NR enters cells via nucleoside transporters and is phosphorylated to NMN by NR kinases (NMRK1 and NMRK2), and NMN is subsequently adenylated to NAD+ by NMNAT enzymes present in the cytoplasm, nucleus, and mitochondria. In the human gut, NMN is largely converted to NR before intestinal absorption, with subsequent reconversion to NMN and then NAD+ intracellularly. Once NAD+ levels are elevated, the primary beneficiary enzymes are the sirtuins (SIRT1 through SIRT7), PARP1 and PARP2, and CD38. SIRT1 deacetylates PGC-1alpha to drive mitochondrial biogenesis, deacetylates FOXO3 to promote autophagy and stress resistance, deacetylates p53 to modulate the apoptotic threshold, and deacetylates WRN to support DNA repair. SIRT3 in the mitochondrial matrix deacetylates and activates the subunits of Complexes I, II, and III, IDH2, SOD2, and acetyl-CoA synthetase, improving oxidative phosphorylation efficiency and reducing mitochondrial oxidative stress.

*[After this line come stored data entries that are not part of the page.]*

-- ===== src/System/Calls.antt =====
-- Which calls leave the others alone: all but those that bring threads and take them away
-- (src/module/clock_main.c).
use task_clock.Common.{
  ℕ, zero, suc, ◌+◌, refl, Bool, true, false, Option, none, some, arith, ◌==◌, inl, inr, Bool-cases,
  Result, ok, ◌>>=◌, Ensures, Ensures-bind, Ensures-trivial, Ensures-if, Ensures-map,
}
use task_clock.Group.{
  Machine, Context, entry, put_entry, put_status, add64, clear_entry_state, reset_chunk_ticks,
  tick_counter_turn_on, tick_counter_turn_off, tick_counter_is_running,
  inc_clock_ticks_no_chunk_add,
}
use task_clock.Search.{active_thread_count}
use task_clock.Fence.{single_stepping_on}
use task_clock.Counter.{
  publish_ticks, logical_clock_update_clock_ticks, logical_clock_update_overflow_period,
  logical_clock_reset_overflow_period, logical_clock_reset_current_ticks,
  logical_clock_read_clock_and_update, logical_clock_set_perf_counter,
  logical_clock_set_perf_counter_max,
}
use task_clock.Notify.{new_lowest, determine_lowest_and_notify_or_wait}
use task_clock.Handlers.{
  sign_extend32, set_notification_needed, announce_new_low, end_single_stepping, rearm_notification,
  determine_and_wake, stop_counter, enable_counter, sleep_round, sleep_loop,
  task_clock_entry_overflow_update_period, task_clock_overflow_handler, task_clock_on_disable,
  task_clock_add_ticks, task_clock_on_enable, task_clock_entry_wait, task_clock_entry_sleep,
  task_clock_entry_woke_up, task_clock_entry_stop, task_clock_entry_stop_no_notify,
  task_clock_entry_start, task_clock_entry_start_no_notify, task_clock_entry_is_singlestep,
}
use task_clock.System.Quiet.{
  Quiet-refl, Quiet-trans, Own, Own-if, Own-then, put-Own, end-Own, on_single_step-Own,
}
use task_clock.System.Counters.{
  turn_off-Own, update_clock_ticks-Own, read_clock-Own, reset_current_ticks-Own,
  set_perf_counter_max-Own, set_perf_counter-Own, reset_overflow_period-Own,
  update_overflow_period-Own,
}
use task_clock.System.Notices.{clear-Own, determine-Own, Own-wake}

module _ (ctx : Context) where
  Own-bind :
      (m : Machine) (r : Result Machine) (f : Machine → Result Machine)
      → Ensures (Own ctx m) r
      → ((m₁ : Machine) → Ensures (Own ctx m₁) (f m₁))
      → Ensures (Own ctx m) (r >>= f)
  Own-bind m r f o step =
      Ensures-bind (Own ctx m) (Own ctx m) r f o (λ m₁ o₁. Own-then ctx m m₁ (f m₁) o₁ (step m₁))

  determine_and_wake-Own : (m : Machine) → Ensures (Own ctx m) (determine_and_wake ctx m)
  determine_and_wake-Own m =
      Ensures-bind (λ r. Own ctx m r.1) (Own ctx m)
        (determine_lowest_and_notify_or_wait ctx (ctx.stack 0) m) _
        (determine-Own ctx (ctx.stack 0) m) (λ (tid, m₁) o. Own-wake ctx m m₁ tid o)

  pub wait-Own : (m : Machine) → Ensures (Own ctx m) (task_clock_entry_wait ctx m)
  unfolding task_clock_entry_wait
  wait-Own = determine_and_wake-Own

  pub update_period-Own :
      (m : Machine) → Ensures (Own ctx m) (task_clock_entry_overflow_update_period ctx m)
  unfolding task_clock_entry_overflow_update_period
  update_period-Own m =
      Ensures-if (Own ctx m) (tick_counter_is_running ctx m) _ (ok m)
        (Own-then ctx m (logical_clock_update_clock_ticks ctx ctx.current m) _
          (update_clock_ticks-Own ctx m)
          (update_overflow_period-Own ctx (logical_clock_update_clock_ticks ctx ctx.current m)))
        (Quiet-refl ctx.current m.group)

  announce-Own : (low : Option ℕ) (m : Machine) → Own ctx m (announce_new_low ctx low m)
  announce-Own none m = Quiet-refl ctx.current m.group
  announce-Own (some l) m = ground arith

  pub overflow_handler-Own :
      (regs : Bool) (m : Machine)
      → Ensures (λ r. Own ctx m r.1) (task_clock_overflow_handler ctx regs m)
  unfolding task_clock_overflow_handler
  overflow_handler-Own regs m =
      Ensures-if (λ r. Own ctx m r.1) (tick_counter_is_running ctx m) _ (ok (regs, m))
        (Ensures-bind (λ _. Unit {0}) (λ r. Own ctx m r.1)
          (new_lowest ctx.in_nmi m.group ctx.current) _ (Ensures-trivial _)
          (λ low _. announce-Own low m))
        (Quiet-refl ctx.current m.group)

  pub end_single_stepping-Own : (m : Machine) → Own ctx m (end_single_stepping ctx m)
  end_single_stepping-Own m = elim (Bool-cases (single_stepping_on ctx ctx.current m)) [
    | inl on ↦ rw on (end-Own ctx m)
    | inr off ↦ rw off (Quiet-refl ctx.current m.group)
  ]

  pub stop_counter-Own : (m : Machine) → Ensures (Own ctx m) (stop_counter ctx m)
  unfolding stop_counter
  stop_counter-Own m =
      Ensures-if (Own ctx m) (tick_counter_is_running ctx m)
        (ok (tick_counter_turn_off ctx (logical_clock_update_clock_ticks ctx ctx.current m))) _
        (Quiet-trans (update_clock_ticks-Own ctx m)
          (turn_off-Own ctx (logical_clock_update_clock_ticks ctx ctx.current m)))
        (reset_current_ticks-Own ctx m)

  pub on_disable-Own : (m : Machine) → Ensures (Own ctx m) (task_clock_on_disable ctx m)
  unfolding task_clock_on_disable
  on_disable-Own m =
      Own-bind m (stop_counter ctx (end_single_stepping ctx m)) _
        (Own-then ctx m (end_single_stepping ctx m) _ (end_single_stepping-Own m)
          (stop_counter-Own (end_single_stepping ctx m)))
        (λ m₁.
          Own-then ctx m₁ (set_notification_needed true m₁) _
            (record { others = λ i ne. refl; list = refl; initialized = refl; inactive = λ h. h })
            (determine_and_wake-Own (set_notification_needed true m₁)))

  pub add_ticks-Own :
      (ticks : ℕ) (m : Machine) → Ensures (Own ctx m) (task_clock_add_ticks ctx ticks m)
  unfolding task_clock_add_ticks
  add_ticks-Own ticks m =
      Own-then ctx m
        (publish_ticks ctx (inc_clock_ticks_no_chunk_add m ctx.current (sign_extend32 ticks))) _
        (put-Own ctx m
          (record (entry m ctx.current) {
            ticks = add64 (entry m ctx.current).ticks (sign_extend32 ticks);
          })
          refl (λ h. h))
        (determine_and_wake-Own
          (publish_ticks ctx (inc_clock_ticks_no_chunk_add m ctx.current (sign_extend32 ticks))))

  set_userspace-Own :
      (b : Bool) (m : Machine)
      → Own ctx m (put_entry m ctx.current (record (entry m ctx.current) { userspace_reading = b }))
  set_userspace-Own b m =
      put-Own ctx m (record (entry m ctx.current) { userspace_reading = b }) refl (λ h. h)

  pub enable_counter-Own : (m : Machine) → Ensures (Own ctx m) (enable_counter ctx m)
  unfolding enable_counter
  enable_counter-Own m =
      let m₁ = tick_counter_turn_on ctx (reset_chunk_ticks ctx.current m) in
      let m₂ = logical_clock_reset_overflow_period ctx ctx.current m₁ in
      let started : Own ctx m m₁ =
        Quiet-trans (put-Own ctx m (record (entry m ctx.current) { chunk_ticks = 0 }) refl (λ h. h))
          (put-Own ctx (reset_chunk_ticks ctx.current m)
            (record (entry (reset_chunk_ticks ctx.current m) ctx.current) { count_ticks = 1 }) refl
            (λ h. h)) in
      Own-bind m (logical_clock_update_overflow_period ctx ctx.current m₂) _
        (Own-then ctx m m₂ _ (Quiet-trans started (reset_overflow_period-Own ctx ctx.current m₁))
          (update_overflow_period-Own ctx m₂))
        (λ m₃.
          let quiet =
            put_entry m₃ ctx.current
              (record (entry m₃ ctx.current) { userspace_reading = false }) in
          Own-if ctx m₃ (entry m₃ ctx.current).userspace_reading
            (logical_clock_set_perf_counter ctx ctx.current quiet) m₃
            (Quiet-trans (set_userspace-Own false m₃) (set_perf_counter-Own ctx quiet))
            (Quiet-refl ctx.current m₃.group))

  pub rearm-Own : (m : Machine) → Own ctx m (rearm_notification ctx m)
  rearm-Own m = ground arith

  pub on_enable-Own : (m : Machine) → Ensures (Own ctx m) (task_clock_on_enable ctx m)
  unfolding task_clock_on_enable
  on_enable-Own m = Own-bind m (enable_counter ctx m) _ (enable_counter-Own m) (λ m₁.
      Ensures-bind (λ r. Own ctx m₁ r.1) (Own ctx m₁)
        (determine_lowest_and_notify_or_wait ctx (ctx.stack 0) m₁) _
        (determine-Own ctx (ctx.stack 0) m₁)
        (λ (tid, m₂) o.
          Own-wake ctx m₁ (clear_entry_state ctx (rearm_notification ctx m₂)) tid (
            Quiet-trans o
              (Quiet-trans (rearm-Own m₂) (clear-Own ctx (rearm_notification ctx m₂))))))

  pub start-Own : (m : Machine) → Ensures (Own ctx m) (task_clock_entry_start ctx m)
  unfolding task_clock_entry_start
  start-Own m =
      let m₁ = put_status m ctx.current (record (m.status ctx.current) { notifying_id = 0 }) in
      Own-bind m (logical_clock_reset_current_ticks ctx ctx.current m₁) _
        (Own-then ctx m m₁ _ (Quiet-refl ctx.current m.group) (reset_current_ticks-Own ctx m₁))
        on_enable-Own

  pub stop_no_notify-Own :
      (m : Machine) → Ensures (Own ctx m) (task_clock_entry_stop_no_notify ctx m)
  unfolding task_clock_entry_stop_no_notify
  stop_no_notify-Own m = read_clock-Own ctx m

  pub stop-Own : (m : Machine) → Ensures (Own ctx m) (task_clock_entry_stop ctx m)
  unfolding task_clock_entry_stop
  stop-Own m =
      Own-bind m (logical_clock_read_clock_and_update ctx ctx.current (end_single_stepping ctx m)) _
        (Own-then ctx m (end_single_stepping ctx m) _ (end_single_stepping-Own m)
          (read_clock-Own ctx (end_single_stepping ctx m)))
        determine_and_wake-Own

  pub start_no_notify-Own :
      (m : Machine) → Ensures (Own ctx m) (task_clock_entry_start_no_notify ctx m)
  unfolding task_clock_entry_start_no_notify
  start_no_notify-Own m =
      let m₁ =
        put_entry m ctx.current (record (entry m ctx.current) { userspace_reading = true }) in
      Own-bind m (logical_clock_reset_current_ticks ctx ctx.current m₁) _
        (Own-then ctx m m₁ _ (set_userspace-Own true m) (reset_current_ticks-Own ctx m₁))
        (λ m₂.
          Quiet-trans (set_perf_counter_max-Own ctx m₂)
            (turn_off-Own ctx (logical_clock_set_perf_counter_max ctx ctx.current m₂)))

  pub woke_up-Own : (m : Machine) → Own ctx m (task_clock_entry_woke_up ctx m)
  unfolding task_clock_entry_woke_up
  woke_up-Own m =
      put-Own ctx m (record (entry m ctx.current) { sleeping = false; waiting = false }) refl
        (λ h. h)

  pub is_singlestep-Own :
      (regs : Bool) (m : Machine) → Own ctx m (task_clock_entry_is_singlestep ctx regs m).2
  unfolding task_clock_entry_is_singlestep
  is_singlestep-Own regs m = on_single_step-Own ctx regs m

  sleep_round-Own :
      (round : ℕ) (m : Machine) → Ensures (λ r. Own ctx m r.1) (sleep_round ctx round m)
  unfolding sleep_round
  sleep_round-Own round m =
      Ensures-bind (λ r. Own ctx m r.1) (λ r. Own ctx m r.1)
        (determine_lowest_and_notify_or_wait ctx (ctx.stack round) m) _
        (determine-Own ctx (ctx.stack round) m)
        (λ (tid, m₁) o. Quiet-trans o (
          Own-if ctx m₁ (entry m₁ ctx.current).waiting
            (put_entry m₁ ctx.current (record (entry m₁ ctx.current) { sleeping = true })) m₁
            (put-Own ctx m₁ (record (entry m₁ ctx.current) { sleeping = true }) refl (λ h. h))
            (Quiet-refl ctx.current m₁.group)))

  -- What follows a round, given the next ones.
  abbrev pub next_round : Result (Option ℕ × Machine) → Machine → Bool → Result (Option ℕ × Machine)
  next_round rest m₁ b = elim b [ true ↦ rest | false ↦ ok (none, m₁) ]

  abbrev pub after_round :
      (Machine → Result (Option ℕ × Machine)) → Option ℕ × Machine → Result (Option ℕ × Machine)
  after_round rest (tid, m₁) = elim tid [
    | some t ↦ ok (some t, m₁)
    | none ↦ active_thread_count ctx.in_nmi m₁.group >>= λ count. elim (count == 0) [
      | true ↦ rest m₁
      | false ↦ ok (none, m₁)
    ]
  ]

  next_round-Ensures {κ} :
      (P : Option ℕ × Machine → Type κ) (m₁ : Machine) (rest : Result (Option ℕ × Machine))
      (b : Bool)
      → P (none, m₁)
      → Ensures P rest
      → Ensures P (next_round rest m₁ b)
  next_round-Ensures P m₁ rest true p e = e
  next_round-Ensures P m₁ rest false p e = p

  -- What a round leaves and what the next ones leave holds at the end of the sleep.
  pub after_round-Ensures {κ} :
      (P : Option ℕ × Machine → Type κ) (m₁ : Machine) (tid : Option ℕ)
      (rest : Machine → Result (Option ℕ × Machine))
      → P (tid, m₁)
      → Ensures P (rest m₁)
      → Ensures P (after_round rest (tid, m₁))
  after_round-Ensures P m₁ (some t) rest p e = p
  after_round-Ensures P m₁ none rest p e =
      Ensures-bind (λ _. Unit {0}) P (active_thread_count ctx.in_nmi m₁.group) _ (Ensures-trivial _)
        (λ count _. next_round-Ensures P m₁ (rest m₁) (count == 0) p e)

  sleep_loop-Own :
      (fuel round : ℕ) (m : Machine) → Ensures (λ r. Own ctx m r.1) (sleep_loop ctx fuel round m)
  unfolding sleep_loop
  sleep_loop-Own zero round m = tt
  sleep_loop-Own (suc fuel) round m =
      Ensures-bind (λ r. Own ctx m r.1) (λ r. Own ctx m r.1) (sleep_round ctx round m) _
        (sleep_round-Own round m)
        (λ (tid, m₁) o.
          after_round-Ensures (λ r. Own ctx m r.1) m₁ tid (sleep_loop ctx fuel (round + 1)) o
            (Ensures-map (λ r. Own ctx m₁ r.1) (λ r. Own ctx m r.1)
              (sleep_loop ctx fuel (round + 1) m₁) (sleep_loop-Own fuel (round + 1) m₁)
              (λ r o'. Quiet-trans o o')))

  pub sleep-Own : (fuel : ℕ) (m : Machine) → Ensures (Own ctx m) (task_clock_entry_sleep ctx fuel m)
  unfolding task_clock_entry_sleep
  sleep-Own fuel m =
      Ensures-bind (λ r. Own ctx m r.1) (Own ctx m) (sleep_loop ctx fuel 0 m) _
        (sleep_loop-Own fuel 0 m) (λ (tid, m₁) o. Own-wake ctx m m₁ tid o)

The interplay between PARP1 and the sirtuins is central to understanding why NAD+ supplementation has age-relevance. As cells accumulate oxidative and replicative DNA damage with age, PARP1 activity rises chronically, consuming NAD+ as it ADP-ribosylates proteins at damage sites and recruits DNA repair machinery. This PARP1-driven NAD+ depletion directly starves SIRT1 and SIRT3 of their substrate, creating a vicious cycle in which impaired sirtuin activity leads to reduced DNA repair efficiency, increased DNA damage, more PARP1 activation, and further NAD+ depletion. CD38, an NADase whose expression increases with chronic inflammation and aging, accelerates this depletion by hydrolyzing NAD+ in the extracellular and intracellular space. NAD+ precursor supplementation addresses this cycle by replenishing the substrate pool, but the fullest intervention would combine precursor supplementation with CD38 inhibition to simultaneously increase NAD+ supply and reduce its degradation.

Clinical Evidence

Human clinical trials have consistently validated the pharmacological premise of NAD+ precursor supplementation: NR and NMN raise whole-blood and tissue NAD+ in middle-aged and older adults at well-tolerated doses, and this elevation correlates with measurable downstream biological effects. The 2016 Trammell et al. pharmacokinetic study in healthy adults confirmed that oral NR raises blood NAD+ in a dose-dependent manner. The 2018 Martens et al. crossover trial in 24 middle-aged and older adults showed that NR at 1,000 mg per day reduced systolic blood pressure and arterial stiffness in subjects with elevated baseline values. A 2020 trial by Dollerup et al. in overweight older men confirmed metabolic effects on skeletal muscle. Studies with NMN in older adults, including the 2021 Igarashi et al. trial and the 2023 Yi et al. trial, showed improvements in muscle insulin sensitivity, physical performance, and walking speed. The evidence base is consistent with the view that NAD+ repletion produces meaningful biological effects in aging humans, though the magnitude and clinical significance of these effects require further validation in larger and longer trials.